→ **YOUR ASSIGNMENT**:
Set down word for word the lines that begin the entries and run through the line containing "abbrev pub off_version : ℕ". Give nothing further.

★ ★ ★ ★

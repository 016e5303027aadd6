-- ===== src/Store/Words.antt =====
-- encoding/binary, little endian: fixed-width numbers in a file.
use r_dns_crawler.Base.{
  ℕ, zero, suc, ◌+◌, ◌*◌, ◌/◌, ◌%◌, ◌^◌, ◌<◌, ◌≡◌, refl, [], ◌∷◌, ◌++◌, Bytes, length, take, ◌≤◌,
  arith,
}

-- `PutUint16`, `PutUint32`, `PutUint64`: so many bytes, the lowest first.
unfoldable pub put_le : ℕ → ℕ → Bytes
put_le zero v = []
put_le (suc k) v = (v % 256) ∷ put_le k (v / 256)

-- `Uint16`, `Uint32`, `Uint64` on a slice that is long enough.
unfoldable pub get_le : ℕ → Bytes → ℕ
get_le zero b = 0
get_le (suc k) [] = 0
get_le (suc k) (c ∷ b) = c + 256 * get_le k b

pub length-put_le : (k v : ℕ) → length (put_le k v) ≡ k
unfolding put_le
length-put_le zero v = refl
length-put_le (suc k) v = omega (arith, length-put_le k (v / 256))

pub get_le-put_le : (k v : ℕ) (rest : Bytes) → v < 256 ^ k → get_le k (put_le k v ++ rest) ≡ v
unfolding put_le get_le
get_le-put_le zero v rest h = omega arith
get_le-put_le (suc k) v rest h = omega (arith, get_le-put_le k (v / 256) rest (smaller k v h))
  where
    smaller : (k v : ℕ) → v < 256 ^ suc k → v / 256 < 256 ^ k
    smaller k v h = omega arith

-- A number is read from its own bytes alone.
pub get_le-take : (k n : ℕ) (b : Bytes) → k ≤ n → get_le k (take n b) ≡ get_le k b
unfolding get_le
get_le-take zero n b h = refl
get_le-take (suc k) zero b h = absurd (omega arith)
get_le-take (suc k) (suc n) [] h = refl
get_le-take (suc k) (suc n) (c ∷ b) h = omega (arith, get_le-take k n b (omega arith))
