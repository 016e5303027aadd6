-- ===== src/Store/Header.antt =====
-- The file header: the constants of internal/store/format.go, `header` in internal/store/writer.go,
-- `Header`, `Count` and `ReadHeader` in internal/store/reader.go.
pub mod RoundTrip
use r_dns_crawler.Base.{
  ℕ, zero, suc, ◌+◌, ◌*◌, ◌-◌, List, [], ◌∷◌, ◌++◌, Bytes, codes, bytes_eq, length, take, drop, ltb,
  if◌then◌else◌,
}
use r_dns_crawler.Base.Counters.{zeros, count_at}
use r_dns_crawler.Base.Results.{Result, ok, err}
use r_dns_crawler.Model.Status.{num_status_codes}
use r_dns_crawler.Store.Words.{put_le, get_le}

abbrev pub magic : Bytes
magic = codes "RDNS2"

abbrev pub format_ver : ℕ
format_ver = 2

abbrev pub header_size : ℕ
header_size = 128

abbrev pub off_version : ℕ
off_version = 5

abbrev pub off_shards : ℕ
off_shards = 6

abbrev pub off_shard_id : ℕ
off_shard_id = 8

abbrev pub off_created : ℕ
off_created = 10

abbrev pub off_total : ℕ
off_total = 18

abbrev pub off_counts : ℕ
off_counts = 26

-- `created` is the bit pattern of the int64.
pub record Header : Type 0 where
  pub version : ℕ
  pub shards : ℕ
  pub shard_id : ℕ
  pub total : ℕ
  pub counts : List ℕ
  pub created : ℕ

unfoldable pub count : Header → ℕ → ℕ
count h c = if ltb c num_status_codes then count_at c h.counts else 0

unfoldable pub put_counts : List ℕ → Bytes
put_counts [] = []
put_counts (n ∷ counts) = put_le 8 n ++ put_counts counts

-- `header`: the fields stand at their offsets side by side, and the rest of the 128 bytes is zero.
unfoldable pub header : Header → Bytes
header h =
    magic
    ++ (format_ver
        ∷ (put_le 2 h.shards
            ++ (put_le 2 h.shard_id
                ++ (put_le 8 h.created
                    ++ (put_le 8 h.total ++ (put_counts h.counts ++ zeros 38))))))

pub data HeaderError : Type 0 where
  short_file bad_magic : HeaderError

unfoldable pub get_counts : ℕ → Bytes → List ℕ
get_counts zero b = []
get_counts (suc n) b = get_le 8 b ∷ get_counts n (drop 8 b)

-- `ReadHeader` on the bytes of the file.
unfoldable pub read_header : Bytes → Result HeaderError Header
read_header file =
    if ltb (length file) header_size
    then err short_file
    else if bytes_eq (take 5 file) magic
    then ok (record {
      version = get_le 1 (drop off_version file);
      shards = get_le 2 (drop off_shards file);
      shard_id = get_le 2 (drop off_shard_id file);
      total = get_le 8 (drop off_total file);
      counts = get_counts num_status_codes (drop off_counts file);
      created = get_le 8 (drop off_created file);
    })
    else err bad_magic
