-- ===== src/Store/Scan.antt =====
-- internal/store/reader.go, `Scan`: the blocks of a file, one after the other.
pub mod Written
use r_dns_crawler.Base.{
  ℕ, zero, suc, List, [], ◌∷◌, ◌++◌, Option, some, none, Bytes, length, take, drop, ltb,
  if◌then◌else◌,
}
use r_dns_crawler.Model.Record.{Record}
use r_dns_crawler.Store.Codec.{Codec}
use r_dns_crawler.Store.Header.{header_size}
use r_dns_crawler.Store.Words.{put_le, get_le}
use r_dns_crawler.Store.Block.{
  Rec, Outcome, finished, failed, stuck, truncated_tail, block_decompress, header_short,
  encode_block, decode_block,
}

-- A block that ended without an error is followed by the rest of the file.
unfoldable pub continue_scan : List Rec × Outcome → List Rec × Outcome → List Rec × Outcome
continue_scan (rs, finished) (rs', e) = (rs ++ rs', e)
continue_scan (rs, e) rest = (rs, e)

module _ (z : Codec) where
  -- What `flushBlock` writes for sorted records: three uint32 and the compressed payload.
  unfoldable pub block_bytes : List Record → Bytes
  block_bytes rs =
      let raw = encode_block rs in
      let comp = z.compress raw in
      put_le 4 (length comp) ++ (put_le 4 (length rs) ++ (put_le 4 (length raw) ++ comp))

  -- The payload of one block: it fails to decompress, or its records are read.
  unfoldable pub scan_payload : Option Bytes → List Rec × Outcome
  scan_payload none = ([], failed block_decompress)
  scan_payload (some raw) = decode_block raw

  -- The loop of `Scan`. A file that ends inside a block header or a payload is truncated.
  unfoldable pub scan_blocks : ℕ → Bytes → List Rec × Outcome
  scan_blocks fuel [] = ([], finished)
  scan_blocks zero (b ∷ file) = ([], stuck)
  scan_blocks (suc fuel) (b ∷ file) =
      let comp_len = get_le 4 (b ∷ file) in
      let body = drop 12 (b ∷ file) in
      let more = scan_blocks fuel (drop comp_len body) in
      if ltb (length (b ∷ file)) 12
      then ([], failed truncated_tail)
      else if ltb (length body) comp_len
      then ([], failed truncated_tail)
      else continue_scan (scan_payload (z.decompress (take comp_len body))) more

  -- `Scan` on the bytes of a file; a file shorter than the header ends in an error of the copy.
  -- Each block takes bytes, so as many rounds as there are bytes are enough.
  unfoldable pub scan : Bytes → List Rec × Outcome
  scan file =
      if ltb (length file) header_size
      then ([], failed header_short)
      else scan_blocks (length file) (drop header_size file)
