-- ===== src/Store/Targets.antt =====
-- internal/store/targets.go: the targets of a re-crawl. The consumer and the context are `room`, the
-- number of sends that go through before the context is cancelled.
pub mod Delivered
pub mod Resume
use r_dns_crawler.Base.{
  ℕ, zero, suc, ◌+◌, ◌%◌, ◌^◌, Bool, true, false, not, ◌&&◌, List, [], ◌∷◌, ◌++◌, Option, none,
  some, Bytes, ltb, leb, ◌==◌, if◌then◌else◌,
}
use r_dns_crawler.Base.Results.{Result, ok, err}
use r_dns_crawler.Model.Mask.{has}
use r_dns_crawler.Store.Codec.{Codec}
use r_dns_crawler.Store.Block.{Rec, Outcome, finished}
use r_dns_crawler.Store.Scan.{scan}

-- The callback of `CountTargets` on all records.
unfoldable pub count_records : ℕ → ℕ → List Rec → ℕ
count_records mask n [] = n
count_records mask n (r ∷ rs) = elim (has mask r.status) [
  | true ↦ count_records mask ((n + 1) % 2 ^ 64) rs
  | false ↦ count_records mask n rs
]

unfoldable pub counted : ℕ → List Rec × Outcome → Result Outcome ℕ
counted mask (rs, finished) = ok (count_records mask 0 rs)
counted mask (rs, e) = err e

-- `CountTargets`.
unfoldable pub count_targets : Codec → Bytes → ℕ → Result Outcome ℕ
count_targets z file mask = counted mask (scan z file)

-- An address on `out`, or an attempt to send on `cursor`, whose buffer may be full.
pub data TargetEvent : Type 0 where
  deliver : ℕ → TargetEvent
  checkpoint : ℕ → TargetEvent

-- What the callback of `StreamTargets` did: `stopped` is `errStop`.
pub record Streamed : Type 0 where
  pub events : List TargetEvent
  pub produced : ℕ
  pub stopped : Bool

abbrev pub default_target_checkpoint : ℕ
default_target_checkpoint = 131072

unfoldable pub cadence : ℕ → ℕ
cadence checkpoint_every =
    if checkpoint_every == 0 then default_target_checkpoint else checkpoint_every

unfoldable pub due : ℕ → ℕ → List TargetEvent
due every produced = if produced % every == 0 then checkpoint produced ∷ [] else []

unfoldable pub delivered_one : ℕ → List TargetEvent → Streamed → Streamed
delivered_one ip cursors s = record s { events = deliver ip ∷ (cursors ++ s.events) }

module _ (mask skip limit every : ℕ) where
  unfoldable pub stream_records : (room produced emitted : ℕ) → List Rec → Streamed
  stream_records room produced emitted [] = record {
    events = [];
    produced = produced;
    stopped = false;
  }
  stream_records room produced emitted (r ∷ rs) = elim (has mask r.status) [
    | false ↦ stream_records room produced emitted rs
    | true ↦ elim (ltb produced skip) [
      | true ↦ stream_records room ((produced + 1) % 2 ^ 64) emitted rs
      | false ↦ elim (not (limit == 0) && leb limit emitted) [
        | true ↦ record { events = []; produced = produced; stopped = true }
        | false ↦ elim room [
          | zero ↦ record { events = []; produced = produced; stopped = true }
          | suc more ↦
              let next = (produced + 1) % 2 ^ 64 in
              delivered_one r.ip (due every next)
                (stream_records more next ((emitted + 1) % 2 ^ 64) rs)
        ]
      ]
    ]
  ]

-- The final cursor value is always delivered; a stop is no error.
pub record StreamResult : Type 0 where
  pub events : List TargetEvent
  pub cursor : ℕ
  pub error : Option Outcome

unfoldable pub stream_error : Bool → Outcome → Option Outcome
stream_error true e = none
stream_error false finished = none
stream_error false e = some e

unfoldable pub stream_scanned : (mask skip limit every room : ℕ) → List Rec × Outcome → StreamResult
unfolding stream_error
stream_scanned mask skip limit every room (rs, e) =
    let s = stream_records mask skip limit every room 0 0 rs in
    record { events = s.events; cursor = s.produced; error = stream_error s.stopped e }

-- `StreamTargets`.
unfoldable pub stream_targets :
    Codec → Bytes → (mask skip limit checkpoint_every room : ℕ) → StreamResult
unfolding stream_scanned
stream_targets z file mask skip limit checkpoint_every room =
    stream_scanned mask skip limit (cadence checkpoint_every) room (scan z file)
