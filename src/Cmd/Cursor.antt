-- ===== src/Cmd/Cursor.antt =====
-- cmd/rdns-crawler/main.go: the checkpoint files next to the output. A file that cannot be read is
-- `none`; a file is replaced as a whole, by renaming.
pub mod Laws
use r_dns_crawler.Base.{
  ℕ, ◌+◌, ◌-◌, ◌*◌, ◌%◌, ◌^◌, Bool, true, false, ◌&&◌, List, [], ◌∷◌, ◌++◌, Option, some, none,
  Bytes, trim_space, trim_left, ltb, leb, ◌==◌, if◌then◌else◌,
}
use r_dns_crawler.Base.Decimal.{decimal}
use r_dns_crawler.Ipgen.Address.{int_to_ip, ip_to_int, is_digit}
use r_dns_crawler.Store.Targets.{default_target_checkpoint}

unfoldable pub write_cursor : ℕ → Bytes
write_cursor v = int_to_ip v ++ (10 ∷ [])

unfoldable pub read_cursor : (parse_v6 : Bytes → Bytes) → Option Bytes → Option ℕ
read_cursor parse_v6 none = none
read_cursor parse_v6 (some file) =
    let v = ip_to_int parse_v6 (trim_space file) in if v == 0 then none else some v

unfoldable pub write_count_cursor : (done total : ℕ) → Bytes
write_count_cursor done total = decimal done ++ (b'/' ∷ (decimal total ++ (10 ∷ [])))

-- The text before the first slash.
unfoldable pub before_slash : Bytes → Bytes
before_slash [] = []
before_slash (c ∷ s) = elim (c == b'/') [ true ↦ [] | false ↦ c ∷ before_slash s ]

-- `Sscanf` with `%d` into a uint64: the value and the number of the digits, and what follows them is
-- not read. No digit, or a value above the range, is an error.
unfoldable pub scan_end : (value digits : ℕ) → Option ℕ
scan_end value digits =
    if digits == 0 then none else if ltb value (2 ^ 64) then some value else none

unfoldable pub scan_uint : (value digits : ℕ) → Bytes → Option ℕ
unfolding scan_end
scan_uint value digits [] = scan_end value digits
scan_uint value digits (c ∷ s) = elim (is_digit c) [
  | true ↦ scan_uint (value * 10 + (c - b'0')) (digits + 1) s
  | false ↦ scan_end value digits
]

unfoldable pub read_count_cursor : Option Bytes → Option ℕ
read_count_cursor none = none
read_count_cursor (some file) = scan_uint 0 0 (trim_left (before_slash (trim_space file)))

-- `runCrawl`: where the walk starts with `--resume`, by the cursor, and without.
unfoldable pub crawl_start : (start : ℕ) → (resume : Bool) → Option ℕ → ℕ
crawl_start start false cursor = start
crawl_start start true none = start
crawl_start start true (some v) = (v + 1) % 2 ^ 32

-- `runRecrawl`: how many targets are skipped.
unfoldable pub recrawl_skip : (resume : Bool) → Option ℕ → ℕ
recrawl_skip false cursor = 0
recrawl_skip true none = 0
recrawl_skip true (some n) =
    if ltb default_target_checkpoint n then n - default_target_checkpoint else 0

★ ★ ★ ★

→ **EXERCISE OUTPUT**:
repository 016e5303027aadd6
-- ===== src/Store/Words.antt =====
-- encoding/binary, little endian: fixed-width numbers in a file.
use r_dns_crawler.Base.{
  ℕ, zero, suc, ◌+◌, ◌*◌, ◌/◌, ◌%◌, ◌^◌, ◌<◌, ◌≡◌, refl, [], ◌∷◌, ◌++◌, Bytes, length, take, ◌≤◌,
  arith,
}

-- `PutUint16`, `PutUint32`, `PutUint64`: so many bytes, the lowest first.
unfoldable pub put_le : ℕ → ℕ → Bytes
put_le zero v = []
put_le (suc k) v = (v % 256) ∷ put_le k (v / 256)

-- `Uint16`, `Uint32`, `Uint64` on a slice that is long enough.
unfoldable pub get_le : ℕ → Bytes → ℕ
get_le zero b = 0
get_le (suc k) [] = 0
get_le (suc k) (c ∷ b) = c + 256 * get_le k b

pub length-put_le : (k v : ℕ) → length (put_le k v) ≡ k
unfolding put_le
length-put_le zero v = refl
length-put_le (suc k) v = omega (arith, length-put_le k (v / 256))

pub get_le-put_le : (k v : ℕ) (rest : Bytes) → v < 256 ^ k → get_le k (put_le k v ++ rest) ≡ v
unfolding put_le get_le
get_le-put_le zero v rest h = omega arith
get_le-put_le (suc k) v rest h = omega (arith, get_le-put_le k (v / 256) rest (smaller k v h))
  where
    smaller : (k v : ℕ) → v < 256 ^ suc k → v / 256 < 256 ^ k
    smaller k v h = omega arith

-- A number is read from its own bytes alone.
pub get_le-take : (k n : ℕ) (b : Bytes) → k ≤ n → get_le k (take n b) ≡ get_le k b
unfolding get_le
get_le-take zero n b h = refl
get_le-take (suc k) zero b h = absurd (omega arith)
get_le-take (suc k) (suc n) [] h = refl
get_le-take (suc k) (suc n) (c ∷ b) h = omega (arith, get_le-take k n b (omega arith))
repository 016e5303027aadd6
-- ===== src/Store/Header.antt =====
-- The file header: the constants of internal/store/format.go, `header` in internal/store/writer.go,
-- `Header`, `Count` and `ReadHeader` in internal/store/reader.go.
pub mod RoundTrip
use r_dns_crawler.Base.{
  ℕ, zero, suc, ◌+◌, ◌*◌, ◌-◌, List, [], ◌∷◌, ◌++◌, Bytes, codes, bytes_eq, length, take, drop, ltb,
  if◌then◌else◌,
}
use r_dns_crawler.Base.Counters.{zeros, count_at}
use r_dns_crawler.Base.Results.{Result, ok, err}
use r_dns_crawler.Model.Status.{num_status_codes}
use r_dns_crawler.Store.Words.{put_le, get_le}

abbrev pub magic : Bytes
magic = codes "RDNS2"

abbrev pub format_ver : ℕ
format_ver = 2

abbrev pub header_size : ℕ
header_size = 128

abbrev pub off_version : ℕ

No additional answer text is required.